━━━ RECORDS SUPPLIED ━━━

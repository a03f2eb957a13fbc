-- ===== src/HDriver.antt =====
-- driver.go: hdriver, which finds or makes the group of a location and opens a connection in it.
mod Tests
pub mod Opening
use hotload.Prelude.{ℕ, String, Bool, false, none, some, List, [], ◌∷◌, lookup, insert}
use hotload.State.{
  State, ChanGroup, ManagedConn, DriverInstance, unsupported_strategy, unknown_driver, Result, ok,
  err,
}
use hotload.Dsn.{Url, UrlLib, Values}
use hotload.ChanGroup.{open_conn, parse_url_values}
use hotload.Registry.{Registry, StrategyCall, watch_call}

-- `cgroup` holds each group with its own heap and contexts; `done` is whether `ctx` is done.
pub record HDriver : Type 0 where
  pub registry : Registry
  pub cgroup : List (String × State)
  pub done : Bool

-- A heap cell that nothing has been stored in.
abbrev pub blank : ManagedConn
blank = record {
  ctx = 0;
  dsn = "";
  redact_dsn = "";
  conn = 0;
  reset = false;
  killed = false;
  after_close = false;
  exec_stmts_counter = 0;
  query_stmts_counter = 0;
}

-- The literal of `Open`, after parseUrlValues. The group's first context is 0.
unfoldable pub new_chan_group : String → String → String → DriverInstance → Values → ChanGroup
unfolding parse_url_values
new_chan_group name value redact_val d query =
    parse_url_values
      (record {
        name = name;
        value = value;
        redact_val = redact_val;
        ctx = 0;
        cancel = some 0;
        sql_driver = d;
        force_kill = false;
        conns = [];
        prev_cancel = none;
        prev_redact_val = "";
        prev_conns = [];
      })
      query

unfoldable pub new_state : ChanGroup → Bool → State
new_state g done = record {
  group = g;
  heap = λ i. blank;
  next_conn = 0;
  canceled = λ x. false;
  next_ctx = 1;
  parent_done = done;
  calls = [];
  change_total = 0;
  last_changed = 0;
  samples = [];
}

abbrev pub log_watch : HDriver → StrategyCall → HDriver
log_watch h k = record h {
  registry = record (h.registry) { strategy_calls = k ∷ h.registry.strategy_calls };
}

-- `Open` in a group: the group's state is stored back under its name.
unfoldable pub open_in : UrlLib → HDriver → String → State → String → HDriver × Result ℕ
unfolding open_conn insert
open_in url h name s redact_dsn =
    let (s', r) = open_conn url s redact_dsn in (record h { cgroup = insert name s' h.cgroup }, r)

-- The part of `Open` that makes a new group. The redacted forms are what RedactUrl answers.
unfoldable pub open_new : UrlLib → HDriver → String → Url → String → String → HDriver × Result ℕ
unfolding lookup open_in new_chan_group new_state
open_new url h name uri redact_val redact_dsn = elim (lookup uri.scheme h.registry.strategies) [
  | none ↦ (h, err unsupported_strategy)
  | some strategy ↦ elim (lookup uri.host h.registry.sql_drivers) [
    | none ↦ (h, err unknown_driver)
    | some d ↦
        let query = url.query uri in
        let params = url.encode query in
        let h' = log_watch h (watch_call uri.scheme uri.path params) in
        elim (strategy.watch h.registry.strategy_calls uri.path params) [
          | err e ↦ (h', err e)
          | ok value ↦
              let target : DriverInstance = record {
                driver = d.driver name;
                options = d.options;
              } in
              open_in url h' name
                (new_state (new_chan_group name value redact_val target query) h.done) redact_dsn
        ]
  ]
]

-- `Open`
unfoldable pub open_driver : UrlLib → HDriver → String → String → String → HDriver × Result ℕ
unfolding lookup open_in open_new
open_driver url h name redact_val redact_dsn = elim (url.parse name) [
  | err e ↦ (h, err e)
  | ok uri ↦ elim (lookup name h.cgroup) [
    | some s ↦ open_in url h name s redact_dsn
    | none ↦ open_new url h name uri redact_val redact_dsn
  ]
]
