-- ===== src/ChanGroup/Guarantees.antt =====
-- What the interleavings of runLoop with the group's clients guarantee to database/sql.
use hotload.Prelude.{
  ℕ, ◌<◌, ◌≡◌, refl, String, true, false, ◌⊎◌, inl, inr, none, some, List, [], In, arith, Bool,
  subst,
}
use hotload.State.{State, ChanGroup, Context, DriverInstance, ok}
use hotload.Conn.{is_valid, reset_session}
use hotload.Conn.Evolves.{Closed}
use hotload.Dsn.{UrlLib, Values, merge_conn_string_options}
use hotload.ChanGroup.{parse_url_values}
use hotload.ChanGroup.Steps.{Running, Move, run}
use hotload.ChanGroup.Invariant.{Inv}
use hotload.ChanGroup.Reachable.{run-IsSound}
use hotload.HDriver.{new_chan_group, new_state}

-- A group as hdriver.Open makes it, with runLoop started.
abbrev pub start : String → String → String → DriverInstance → Values → Bool → Running
start name value redacted d query done = record {
  state = new_state (new_chan_group name value redacted d query) done;
  pending = [];
  looping = true;
}

parse_url_values-keeps :
    (g : ChanGroup) (vs : Values)
    → parse_url_values g vs ≡ record g { force_kill = (parse_url_values g vs).force_kill }
unfolding parse_url_values
parse_url_values-keeps g vs = ground arith

Inv-empty :
    (url : UrlLib) (g : ChanGroup) (done : Bool)
    → g.ctx ≡ 0
    → g.cancel ≡ some 0
    → g.conns ≡ []
    → g.prev_cancel ≡ none
    → g.prev_conns ≡ []
    → Inv url (new_state g done) []
unfolding new_state
Inv-empty url g done ctx cancel conns prev_cancel prev_conns = record {
  cancels_ctx = ground arith;
  ctx_lt = ground arith;
  prev_lt = λ x h. ground arith;
  todo_lt = λ x h. elim h [ ];
  live = λ h. refl;
  conn_lt = λ i h. absurd (omega arith);
  fate = λ i h. absurd (omega arith);
  tracked = λ i h. absurd (omega arith);
  forced_ctx = λ f x h. ground arith;
  forced_conns = λ f i h. absurd (subst (In i) prev_conns h);
  listed = λ i h. absurd (subst (In i) conns h);
  prev_listed = λ i h. absurd (subst (In i) prev_conns h);
  listed_ctx = λ i h. absurd (subst (In i) conns h);
}

Inv-reuse :
    (url : UrlLib) (s : State) (i : ℕ) (x : Context)
    → Inv url s []
    → i < s.next_conn
    → (is_valid s i).1 ≡ true
    → (reset_session s i x).1 ≡ none
    → (merge_conn_string_options url s.group.value s.group.sql_driver.options ≡ ok (s.heap i).dsn)
      ⊎ Closed s i
unfolding is_valid reset_session
Inv-reuse url s i x v h valid kept = elim (v.fate i h) [
  | inl c ↦ inl c.1
  | inr (inl (e, inl c)) ↦ inr c
  | inr (inl (e, inr (inl c))) ↦ ground arith
  | inr (inl (e, inr (inr c))) ↦ absurd c
  | inr (inr (inl c)) ↦ ground arith
  | inr (inr (inr c)) ↦ absurd c
]

module _ (url : UrlLib) (name value redacted : String) (d : DriverInstance) (query : Values)
    (done : Bool) (ms : List Move) where
  abbrev now : Running
  now = run url (start name value redacted d query done) ms

  reached : Inv url now.state now.pending
  unfolding new_chan_group
  reached =
      run-IsSound url _ ms
        (rw (parse_url_values-keeps _ query) (Inv-empty url _ done refl refl refl refl refl))

  reached_idle : now.pending ≡ [] → Inv url now.state []
  reached_idle idle = subst (λ p. Inv url now.state p) idle reached

  -- Whatever the interleaving: once runLoop has nothing pending, a connection that passes both
  -- checks of database/sql (IsValid and ResetSession) either has the group's present connection
  -- string or has already been closed.
  pub reuse-current :
      (i : ℕ) (x : Context)
      → now.pending ≡ []
      → i < now.state.next_conn
      → (is_valid now.state i).1 ≡ true
      → (reset_session now.state i x).1 ≡ none
      → (merge_conn_string_options url now.state.group.value now.state.group.sql_driver.options
          ≡ ok (now.state.heap i).dsn)
        ⊎ Closed now.state i
  reuse-current i x idle h valid kept = Inv-reuse url now.state i x (reached_idle idle) h valid kept

  -- Once runLoop has nothing pending, every connection ever opened is in the present list, in the
  -- list of the previous connection string, or its underlying Close has been called.
  pub conns-tracked :
      (i : ℕ)
      → now.pending ≡ []
      → i < now.state.next_conn
      → In i now.state.group.conns ⊎ (In i now.state.group.prev_conns ⊎ Closed now.state i)
  conns-tracked i idle h = ground (arith, (reached_idle idle).tracked i h)

  -- With forceKill, once runLoop has nothing pending, every connection ever opened is in the
  -- present list or closed, and has the present context or a cancelled one.
  pub forced-tracked :
      (i : ℕ)
      → now.pending ≡ []
      → i < now.state.next_conn
      → now.state.group.force_kill ≡ true
      → (In i now.state.group.conns ⊎ Closed now.state i)
        × (((now.state.heap i).ctx ≡ now.state.group.ctx)
            ⊎ (now.state.canceled (now.state.heap i).ctx ≡ true))
  forced-tracked i idle h f =
      let v = reached_idle idle in
      (
        elim (v.tracked i h) [
          | inl k ↦ inl k
          | inr (inl k) ↦ ground (arith, v.forced_conns f i k)
          | inr (inr k) ↦ ground arith
        ],
        elim (v.fate i h) [
          | inl c ↦ inl c.0
          | inr (inl c) ↦ ground (arith, v.forced_ctx f (now.state.heap i).ctx c.0)
          | inr (inr (inl c)) ↦ inr c
          | inr (inr (inr c)) ↦ absurd c
        ],
      )

  -- At every moment a connection of the present list has the present context, which is not cancelled while the
  -- parent context lives: Open never hands out a connection that is already condemned.
  pub listed-live :
      (i : ℕ)
      → In i now.state.group.conns
      → now.state.parent_done ≡ false
      → now.state.canceled (now.state.heap i).ctx ≡ false
  listed-live i h alive = rw (reached.listed_ctx i h) (reached.live alive)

━━━

● **WORK TASK**
As the answer, set down only the lines from the data above between the one holding "let params = url.encode query in" and the one holding "driver = d.driver name;", inclusive, exactly as they read.

● **TASK RESPONSE**
        let params = url.encode query in
        let h' = log_watch h (watch_call uri.scheme uri.path params) in
        elim (strategy.watch h.registry.strategy_calls uri.path params) [
          | err e ↦ (h', err e)
          | ok value ↦
              let target : DriverInstance = record {
                driver = d.driver name;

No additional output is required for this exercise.